Aplacental (or ovoviviparity), where the developing young do not form a placental connection to the mother include:
1. Yolk dependency, where the embryos depend solely on the yolk within the egg.
2. Oophagy where the embryo utilises its own egg yolk and then ingests other unfertilised eggs in the uterus. In the case of the sandtiger shark (Carcharias taurus) oophagy has gone one step further with intrauterine cannibalism, where the largest embryo kills/eats the other developing embryo.
Placental viviparity, where the embryos utilize their yolk for a few weeks then the yolk sac elongates and becomes highly vascularised and attaches to the mothers uterine wall, forming the yolk sac placenta. Nutrients are then passed to the embryo from the mother’s bloodstream.
Captive female sharks have been shown to be capable of “automatic parthenogenesis” during which an unfertilised egg merges with another cell from the mother (called the “sister polar body”) to form a foetus. DNA sequencing confirmed that all of the pup’s genes had come from the mother. This process is thought to occur when female sharks are faced with few/no male encounters in an attempt to rebuild a population. The downside to this is that the pup will have little genetic diversity which could ultimately result in a decline of the population.

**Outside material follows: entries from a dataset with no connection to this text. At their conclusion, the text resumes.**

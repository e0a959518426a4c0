-- ===== src/Recorder/Csv/Whole.antt =====
-- The chunks of a download put together.
use mathlib.Core.Path.{subst}
use cardiag.Base.{
  Bool-cases, List, Option, [], ap, append_assoc, arith, if◌then◌else◌, inl, inr, length, ltb, none,
  refl, some, suc, zero, ℕ, ◌++◌, ◌+◌, ◌-◌, ◌<◌, ◌==◌, ◌>>=◌, ◌∙◌, ◌≡◌, ◌≤◌, true, length-append,
  false, sym,
}
use cardiag.Recorder.Csv.{RecCsvCursor, chunk_rows, csv_chunk}

-- What a client does: it asks for chunks until one is empty, at most `fuel` times.
unfoldable pub download :
    (RecCsvCursor → List ℕ × RecCsvCursor) → ℕ → RecCsvCursor → Option (List ℕ)
download chunk zero cur = none
download chunk (suc fuel) cur =
    let (t, next) = chunk cur in
    let rest = download chunk fuel next in
    if length t == 0 then some [] else rest >>= (λ more. some (t ++ more))

download_stops :
    (chunk : RecCsvCursor → List ℕ × RecCsvCursor) (fuel : ℕ) (cur : RecCsvCursor)
    → length (chunk cur).0 ≡ 0
    → download chunk (suc fuel) cur ≡ some []
unfolding download
download_stops chunk fuel cur e =
    let t : (length (chunk cur).0 == 0) ≡ true = ground arith in rw t refl

download_goes_on :
    (chunk : RecCsvCursor → List ℕ × RecCsvCursor) (fuel : ℕ) (cur : RecCsvCursor) (more : List ℕ)
    → 0 < length (chunk cur).0
    → download chunk fuel (chunk cur).1 ≡ some more
    → download chunk (suc fuel) cur ≡ some ((chunk cur).0 ++ more)
unfolding download
download_goes_on chunk fuel cur more l e =
    let t : (length (chunk cur).0 == 0) ≡ false = ground arith in rw (t, e) refl

-- The text of `n` rows from `row` on.
unfoldable pub texts : (ℕ → List ℕ) → ℕ → ℕ → List ℕ
texts text row zero = []
texts text row (suc n) = text row ++ texts text (row + 1) n

module _ (text : ℕ → List ℕ) (some_text : (row : ℕ) → 0 < length (text row)) where
  -- The rows that a chunk writes are the next ones, and what is left is from its cursor on.
  chunk_rows-texts :
      (left row cap n : ℕ)
      → let (t, next) = chunk_rows text left row cap n in
        (row ≤ next)
        × (next ≤ row + left)
        × (t ++ texts text next (row + left - next) ≡ texts text row left)
  unfolding chunk_rows texts
  chunk_rows-texts zero row cap n =
      (omega arith, omega arith, (let z : row + 0 - row ≡ 0 = omega arith in rw z refl))
  chunk_rows-texts (suc left) row cap n =
      let m = n + length (text row) in
      let (lo, hi, e) = chunk_rows-texts left (row + 1) cap m in
      let next = (chunk_rows text left (row + 1) cap m).1 in
      elim (Bool-cases (ltb 96 (cap - n))) [
        | inl b ↦ rw b (
          omega arith,
          omega arith,
          (let z : row + suc left - next ≡ row + 1 + left - next = omega arith in
              rw z (append_assoc (text row) _ _ ∙ ap (λ l. text row ++ l) e)),
        )
        | inr b ↦ rw b (
          omega arith,
          omega arith,
          (let z : row + suc left - row ≡ suc left = omega arith in rw z refl),
        )
      ]

  -- A chunk with room and a row left writes one at least.
  chunk_rows_first :
      (left row cap n : ℕ)
      → 96 < cap - n
      → (row + 1 ≤ (chunk_rows text (suc left) row cap n).1)
        × (0 < length (chunk_rows text (suc left) row cap n).0)
  unfolding chunk_rows
  chunk_rows_first left row cap n room =
      let m = n + length (text row) in
      let (lo, hi, e) = chunk_rows-texts left (row + 1) cap m in
      let t : ltb 96 (cap - n) ≡ true = ground arith in
      let s = some_text row in
      let k = length-append (text row) (chunk_rows text left (row + 1) cap m).0 in
      rw t (lo, omega (arith, k, s))

  chunk_rows_none : (row cap n : ℕ) → chunk_rows text 0 row cap n ≡ ([], row)
  unfolding chunk_rows
  chunk_rows_none row cap n = refl

  texts_none : (row : ℕ) → texts text row 0 ≡ []
  unfolding texts
  texts_none row = refl

  -- From a row on, the chunks are the rows that are left.
  download_rows :
      (header : List ℕ) (stored cap fuel left row : ℕ)
      → 96 < cap
      → row + left ≡ stored
      → left < fuel
      → download (csv_chunk header text stored cap) fuel (record { row = row; header_done = true })
        ≡ some (texts text row left)
  unfolding csv_chunk
  download_rows header stored cap zero left row c l f = absurd (omega arith)
  download_rows header stored cap (suc fuel) zero row c l f =
      let e : stored - row ≡ 0 = omega arith in
      let cur : RecCsvCursor = record { row = row; header_done = true } in
      let chunk = λ (k : ℕ). chunk_rows text k row cap 0 in
      download_stops (csv_chunk header text stored cap) fuel cur
        (ap (λ k. length (chunk k).0) e ∙ ap (λ r. length r.0) (chunk_rows_none row cap 0))
      ∙ ap some (sym (texts_none row))
  download_rows header stored cap (suc fuel) (suc left) row c l f =
      let e : stored - row ≡ suc left = omega arith in
      let cur : RecCsvCursor = record { row = row; header_done = true } in
      let chunk = chunk_rows text (stored - row) row cap 0 in
      let (lo, some_bytes) =
        subst
          (λ k.
            (row + 1 ≤ (chunk_rows text k row cap 0).1)
            × (0 < length (chunk_rows text k row cap 0).0))
          (sym e) (chunk_rows_first left row cap 0 (omega arith)) in
      let (ge, hi, same) = chunk_rows-texts (stored - row) row cap 0 in
      download_goes_on (csv_chunk header text stored cap) fuel cur
        (texts text chunk.1 (row + (stored - row) - chunk.1)) some_bytes
        (download_rows header stored cap fuel (row + (stored - row) - chunk.1) chunk.1 c
          (omega arith) (omega arith))
      ∙ ap some (same ∙ ap (texts text row) e)

  -- A download asks for chunks until one is empty. With room for more than 96 bytes, a header and
  -- rows that are not empty, it ends within as many chunks as there are rows and two more, and the
  -- chunks put together are the header and the text of every stored row, once and in order.
  pub csv_chunk-download :
      (header : List ℕ) (stored cap : ℕ)
      → 96 < cap
      → 0 < length header
      → download
          (csv_chunk header text stored cap)
          (stored + 2)
          (record { row = 0; header_done = false })
        ≡ some (header ++ texts text 0 stored)
  unfolding csv_chunk
  csv_chunk-download header stored cap c h =
      let cur : RecCsvCursor = record { row = 0; header_done = false } in
      let chunk = chunk_rows text (stored - 0) 0 cap (length header) in
      let (ge, hi, same) = chunk_rows-texts (stored - 0) 0 cap (length header) in
      let n = length-append header chunk.0 in
      let y : stored - 0 ≡ stored = omega arith in
      let m : stored + 2 ≡ suc (stored + 1) = omega arith in
      ap (λ k. download (csv_chunk header text stored cap) k cur) m
      ∙ download_goes_on (csv_chunk header text stored cap) (stored + 1) cur
          (texts text chunk.1 (0 + (stored - 0) - chunk.1)) (omega (arith, n, h))
          (download_rows header stored cap (stored + 1) (0 + (stored - 0) - chunk.1) chunk.1 c
            (omega arith) (omega arith))
      ∙ ap some (append_assoc header _ _ ∙ ap (λ l. header ++ l) (same ∙ ap (texts text 0) y))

The majority of shark species have a relatively streamlined shape designed to minimise both resistance and drag by a forward force (thrust). As a shark swims its body undulates from side to side creating “S-like” curves. These press on the surrounding water which itself pushes back with equal and opposite force. The sideways motions cancel each other out and the rearward force pushes the water back and the water forces the shark forward.
A shark’s main swimming muscles along the flanks are arranged in zigzag blocks called myomeres, each myomere is connected to the cartilaginous skeleton by a tendon called the myo-septa. The numbers of myomeres are equal to the number of vertebrae, but the zigzag shape extends the effect over several vertebrae giving more pull for less energy use. Each myomere attaches along the spinal column at 2 points, As they contract the 2 parts of the column are pulled towards each other, bending the column into a wave. Along the row of myomeres each contracts after the one in front of it and then relaxes as the one behind contracts. This sequence produces a wave that travels along the shark from head to tail. The amplitude of the wave gets larger as it passes along the shark’s body, which increases the push on the water. The final thrust is given by the tail which traces a spiral figure of eight through the water.

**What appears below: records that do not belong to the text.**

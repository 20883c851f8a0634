-- ===== src/Ledger/Books/Capture.antt =====
-- Capturing the hold of a posting (step 4 of postOnce).
use bank_core.Prelude.{
  ◌≡◌, refl, ◌≢◌, inl, inr, arith, String, str_eq, ◌||◌, not, if◌then◌else◌, [], ◌∷◌, Option, none,
  some, All, Bool-cases, Option-cases, string_discrete, ne_of_test,
}
use bank_core.Prelude.Int.{ℤ, pos, neg, ◌+ℤ◌, ◌≤ℤ◌, int_laws, ltb_ℤ}
use bank_core.Prelude.Int64.{neg64, neg64_exact}
use bank_core.Prelude.Dict.{Dict, get_or}
use bank_core.Prelude.Results.{ok, Result-cases}
use bank_core.Ledger.Domain.{Hold, hold_active, hold_captured, capture_hold}
use bank_core.Ledger.Store.{Db, find_row, lock_hold_by_id, set_hold_status}
use bank_core.Ledger.Store.Lemmas.{
  HasUniqueIds, set_status, find_row-All, set_status-HasUniqueIds, set_status-All,
}
use bank_core.Ledger.Service.{capture_step}
use bank_core.Ledger.Books.Invariant.{IsConsistent, IsHold, held_for}
use bank_core.Ledger.Books.Sums.{held_for-set_status, held_for_nonneg}

-- The hold that a posting names, if it names one.
abbrev pub named_hold : String → Db → Option Hold
named_hold hold_id db =
    if str_eq hold_id "" then none else find_row (λ h. str_eq h.id hold_id) db.holds

captured≢active : hold_captured ≢ hold_active
unfolding string_discrete
captured≢active = ne_of_test hold_captured hold_active refl

capture_hold-eq :
    (h : Hold) (debit : ℤ) {h' : Hold}
    → capture_hold h debit ≡ ok h'
    → (h.status ≡ hold_active) × (h' ≡ record h { status = hold_captured })
unfolding capture_hold
capture_hold-eq h debit e = ground arith

-- A capture goes through only for an active hold of the same reference.
pub capture_step-eq :
    (ref_type ref_id hold_id : String) (delta adj : Dict ℤ) (db db' : Db) (h : Hold)
    → named_hold hold_id db ≡ some h
    → capture_step ref_type ref_id hold_id delta db ≡ ok (adj, db')
    → (h.status ≡ hold_active)
      × (adj ≡ (h.account_id, neg64 h.amount) ∷ [])
      × (db' ≡ record db { holds = set_status h.id hold_captured db.holds })
unfolding capture_step lock_hold_by_id set_hold_status
capture_step-eq ref_type ref_id hold_id delta adj db db' h named e =
    let net = get_or delta h.account_id (pos 0) in
    elim (Bool-cases
      (not (str_eq h.reference_type ref_type) || not (str_eq h.reference_id ref_id))) [
        | inl foreign ↦ absurd (ground arith)
        | inr own ↦
            elim (Result-cases (capture_hold h (if ltb_ℤ (pos 0) net then pos 0 else net))) [
              | inr (x, refused) ↦ absurd (ground arith)
              | inl (h', captured) ↦
                  let (active, same) =
                    capture_hold-eq h (if ltb_ℤ (pos 0) net then pos 0 else net) captured in
                  ground arith
            ]
      ]

pub capture_step-none :
    (ref_type ref_id hold_id : String) (delta adj : Dict ℤ) (db db' : Db)
    → named_hold hold_id db ≡ none
    → capture_step ref_type ref_id hold_id delta db ≡ ok (adj, db')
    → (adj ≡ []) × (db' ≡ db)
unfolding capture_step lock_hold_by_id
capture_step-none ref_type ref_id hold_id delta adj db db' named e = ground arith

-- What a capture leaves: only the holds change, they stay in order, each account's active holds
-- reserve less by exactly the adjustment, and they reserve no negative amount.
pub record Captured (adj : Dict ℤ) (db db' : Db) : Type 0 where
  pub tables : db' ≡ record db { holds = db'.holds }
  pub holds_ok : All IsHold db'.holds
  pub holds_unique : HasUniqueIds db'.holds
  pub reserves :
      (a : String)
      → (held_for a db'.holds ≡ held_for a db.holds +ℤ get_or adj a (pos 0))
        × (pos 0 ≤ℤ held_for a db'.holds)
        × (get_or adj a (pos 0) ≤ℤ pos 0)

get_or-single :
    (a k : String) (v : ℤ) → get_or ((k, v) ∷ []) a (pos 0) ≡ (if str_eq a k then v else pos 0)
get_or-single a k v = ground arith

capture_found :
    (h : Hold) (db : Db)
    → IsConsistent db
    → find_row (λ g. str_eq g.id h.id) db.holds ≡ some h
    → h.status ≡ hold_active
    → IsHold h
    → Captured
        ((h.account_id, neg64 h.amount) ∷ [])
        db
        (record db { holds = set_status h.id hold_captured db.holds })
capture_found h db c found active hold =
    let exact : (neg64 h.amount ≡ neg h.amount) =
      neg64_exact h.amount (omega (int_laws, hold.amount_pos, hold.amount_range)) in
    let fine =
      set_status-All IsHold h.id hold_captured db.holds
        (λ g k. record {
          amount_pos = k.amount_pos;
          amount_range = k.amount_range;
          status_known = inr (inl refl);
        })
        c.holds_ok in
    record {
      tables = refl;
      holds_ok = fine;
      holds_unique = set_status-HasUniqueIds h.id hold_captured db.holds c.holds_unique;
      reserves = λ a. (
        rw
            (
              held_for-set_status a h.id hold_captured h db.holds c.holds_unique found active
                  captured≢active,
              exact,
              get_or-single,
            )
            (elim (Bool-cases (str_eq a h.account_id)) [
              | inl same ↦ rw same (omega int_laws)
              | inr other ↦ rw other (omega int_laws)
            ]),
        held_for_nonneg a (set_status h.id hold_captured db.holds) fine,
        rw (exact, get_or-single)
            (elim (Bool-cases (str_eq a h.account_id)) [
              | inl same ↦ rw same (omega (int_laws, hold.amount_pos))
              | inr other ↦ rw other (omega int_laws)
            ]),
      );
    }

pub capture_step-Captured :
    (ref_type ref_id hold_id : String) (delta adj : Dict ℤ) (db db' : Db)
    → IsConsistent db
    → capture_step ref_type ref_id hold_id delta db ≡ ok (adj, db')
    → Captured adj db db'
capture_step-Captured ref_type ref_id hold_id delta adj db db' c e =
    elim (Option-cases (named_hold hold_id db)) [
      | inl unnamed ↦
          let (no_adj, same) =
            capture_step-none ref_type ref_id hold_id delta adj db db' unnamed e in
          rw (no_adj, same)
            (record {
              tables = refl;
              holds_ok = c.holds_ok;
              holds_unique = c.holds_unique;
              reserves =
                  λ a. (omega int_laws, held_for_nonneg a db.holds c.holds_ok, omega int_laws);
            })
      | inr (h, named) ↦
          let (active, one_adj, tables) =
            capture_step-eq ref_type ref_id hold_id delta adj db db' h named e in
          let found : (find_row (λ g. str_eq g.id hold_id) db.holds ≡ some h) = ground arith in
          let (hold, test) =
            find_row-All IsHold (λ g. str_eq g.id hold_id) db.holds h c.holds_ok found in
          let own_id : (h.id ≡ hold_id) = ground arith in
          rw (one_adj, tables) (capture_found h db c (simp own_id found) active hold)
    ]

The caudal fin is two-lobed. The spinal column project into the upper lobe, in some species the spinal column has an upward “kink”, in others it is straight and the fin is thus bent down slightly. The shape/size of the fin lobes vary amongst species, with bottom dwelling sharks having a pronounced upper lobe and reduced lower lobe (heterocercal) with other pelagic sharks such as the white shark (Carcharodon carcharias) having almost equal upper and lower lobes (homocercal).

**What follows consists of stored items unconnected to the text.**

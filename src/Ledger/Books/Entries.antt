-- ===== src/Ledger/Books/Entries.antt =====
-- The writes of the entry, its legs and its events (steps 5 and 7 of postOnce).
use bank_core.Prelude.{
  ℕ, ◌+◌, ◌≡◌, refl, inl, inr, arith, String, str_eq, if◌then◌else◌, List, [], ◌∷◌, some, none,
}
use bank_core.Prelude.Int.{pos, ◌+ℤ◌, int_laws}
use bank_core.Prelude.Dict.{Dict, lookup}
use bank_core.Prelude.Results.{ok, Result-cases}
use bank_core.Ledger.Domain.{Account, Balance, Posting}
use bank_core.Ledger.Domain.Entry.{sum_of}
use bank_core.Ledger.Store.{
  Db, EntryRow, EntryRef, EntryView, PostingView, PostingRow, insert_entry, insert_entry_ref,
  insert_posting, insert_outbox,
}
use bank_core.Ledger.Service.{Draws, insert_postings, emit_events}
use bank_core.Ledger.Books.Invariant.{sum_for, posted_in}
use bank_core.Ledger.Books.Deltas.{sum_legs}

pub insert_entry-eq :
    (e : EntryRow) (db db' : Db)
    → insert_entry e db ≡ ok (tt, db')
    → db' ≡ record db { entries = e ∷ db.entries }
unfolding insert_entry
insert_entry-eq e db db' h = ground arith

pub insert_entry_ref-eq :
    (r : EntryRef) (db db' : Db)
    → insert_entry_ref r db ≡ ok (tt, db')
    → db' ≡ record db { entry_refs = r ∷ db.entry_refs }
unfolding insert_entry_ref
insert_entry_ref-eq r db db' h = ground arith

row_of : PostingView → PostingRow
row_of p = record {
  id = p.id;
  entry_id = p.entry_id;
  account_id = p.account_id;
  amount = p.amount;
  currency = p.currency;
  occurred_at = p.occurred_at;
}

insert_posting-eq :
    (p : PostingView) (db db' : Db)
    → insert_posting p db ≡ ok (tt, db')
    → db' ≡ record db { postings = row_of p ∷ db.postings }
unfolding insert_posting row_of
insert_posting-eq p db db' h = ground arith

-- The tables after the legs: only the postings change, and every sum over them grows by the legs.
pub record Posted (ps : List Posting) (db db' : Db) : Type 0 where
  pub tables : db' ≡ record db { postings = db'.postings }
  pub by_account : (a : String) → sum_for a db'.postings ≡ sum_for a db.postings +ℤ sum_legs a ps
  pub by_currency : (c : String) → posted_in c db'.postings ≡ posted_in c db.postings +ℤ sum_of c ps

Posted-cons :
    (p : Posting) (ps : List Posting) (pv : PostingView) (db db₁ db₂ : Db)
    → pv.account_id ≡ p.account_id
    → pv.amount ≡ p.amount
    → pv.currency ≡ p.currency
    → db₁ ≡ record db { postings = row_of pv ∷ db.postings }
    → Posted ps db₁ db₂
    → Posted (p ∷ ps) db db₂
unfolding row_of
Posted-cons p ps pv db db₁ db₂ account amount currency tables ih = record {
  tables = ground (arith, tables, ih.tables);
  by_account = λ a.
      let step : (sum_for a db₁.postings
          ≡ (if str_eq a p.account_id then p.amount else pos 0) +ℤ sum_for a db.postings) =
        ground (arith, tables, account, amount) in
      grind (int_laws, step, ih.by_account a);
  by_currency = λ c.
      let step : (posted_in c db₁.postings
          ≡ (if str_eq c p.currency then p.amount else pos 0) +ℤ posted_in c db.postings) =
        ground (arith, tables, currency, amount) in
      grind (int_laws, step, ih.by_currency c);
}

pub insert_postings-Posted :
    (draws : Draws) (i : ℕ) (accounts : Dict Account) (ps : List Posting) (db db' : Db)
    (views : List PostingView)
    → insert_postings draws i accounts ps db ≡ ok (views, db')
    → Posted ps db db'
unfolding insert_postings
insert_postings-Posted draws i accounts [] db db' views e =
    let same : (db' ≡ db) = ground arith in
    rw same (record {
      tables = refl;
      by_account = λ a. omega int_laws;
      by_currency = λ c. omega int_laws;
    })
insert_postings-Posted draws i accounts (p ∷ ps) db db' views e =
    let pv : PostingView = record {
      id = draws.posting_id i;
      entry_id = draws.entry_id;
      account_id = p.account_id;
      external_account_id = elim (lookup p.account_id accounts) [
        | some a ↦ a.external_id
        | none ↦ ""
      ];
      amount = p.amount;
      currency = p.currency;
      occurred_at = draws.now;
    } in
    elim (Result-cases (insert_posting pv db)) [
      | inr (x, refused) ↦ absurd (ground arith)
      | inl ((_, db₁), wrote) ↦
          elim (Result-cases (insert_postings draws (i + 1) accounts ps db₁)) [
            | inr (x, later) ↦ absurd (ground arith)
            | inl ((rest, db₂), done) ↦
                let ih = insert_postings-Posted draws (i + 1) accounts ps db₁ db₂ rest done in
                let last : (db' ≡ db₂) = ground arith in
                rw last (
                  Posted-cons p ps pv db db₁ db₂ refl refl refl (insert_posting-eq pv db db₁ wrote)
                    ih)
          ]
    ]

-- The events touch nothing but the outbox.
pub emit_events-eq :
    (ids : List String) (accounts : Dict Account) (balances : Dict Balance) (view : EntryView)
    (db db' : Db)
    → emit_events ids accounts balances view db ≡ ok (tt, db')
    → db' ≡ record db { outbox = db'.outbox }
unfolding emit_events insert_outbox
emit_events-eq [] accounts balances view db db' e = ground arith
emit_events-eq (id ∷ ids) accounts balances view db db' e =
    let ih = emit_events-eq ids accounts balances view _ db' e in ground (arith, ih)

Dorsal fins cannot be folded or flattened and thus create turbulence, the sharks use these as pivot points to push themselves through the water. In some species the dorsal fins are aligned in such a way that the second dorsal uses the vortex of the first to propel against.
The pectoral and pelvic fins of most sharks are slightly tilted with the leading edge aimed upwards. This provides the shark with lift as it swims forward to counteract the sinking effects of the body and caudal fin shape. Sharks can adjust these fins slightly to control ascending and descending. Also in some bottom dwelling sharks these fins are used to “prop” their body up, or even to crawl as in the epaulette shark (Hemiscyllium ocellatum).
Note: The nostrils, eyes, ears etc. are discussed in the Shark Senses article.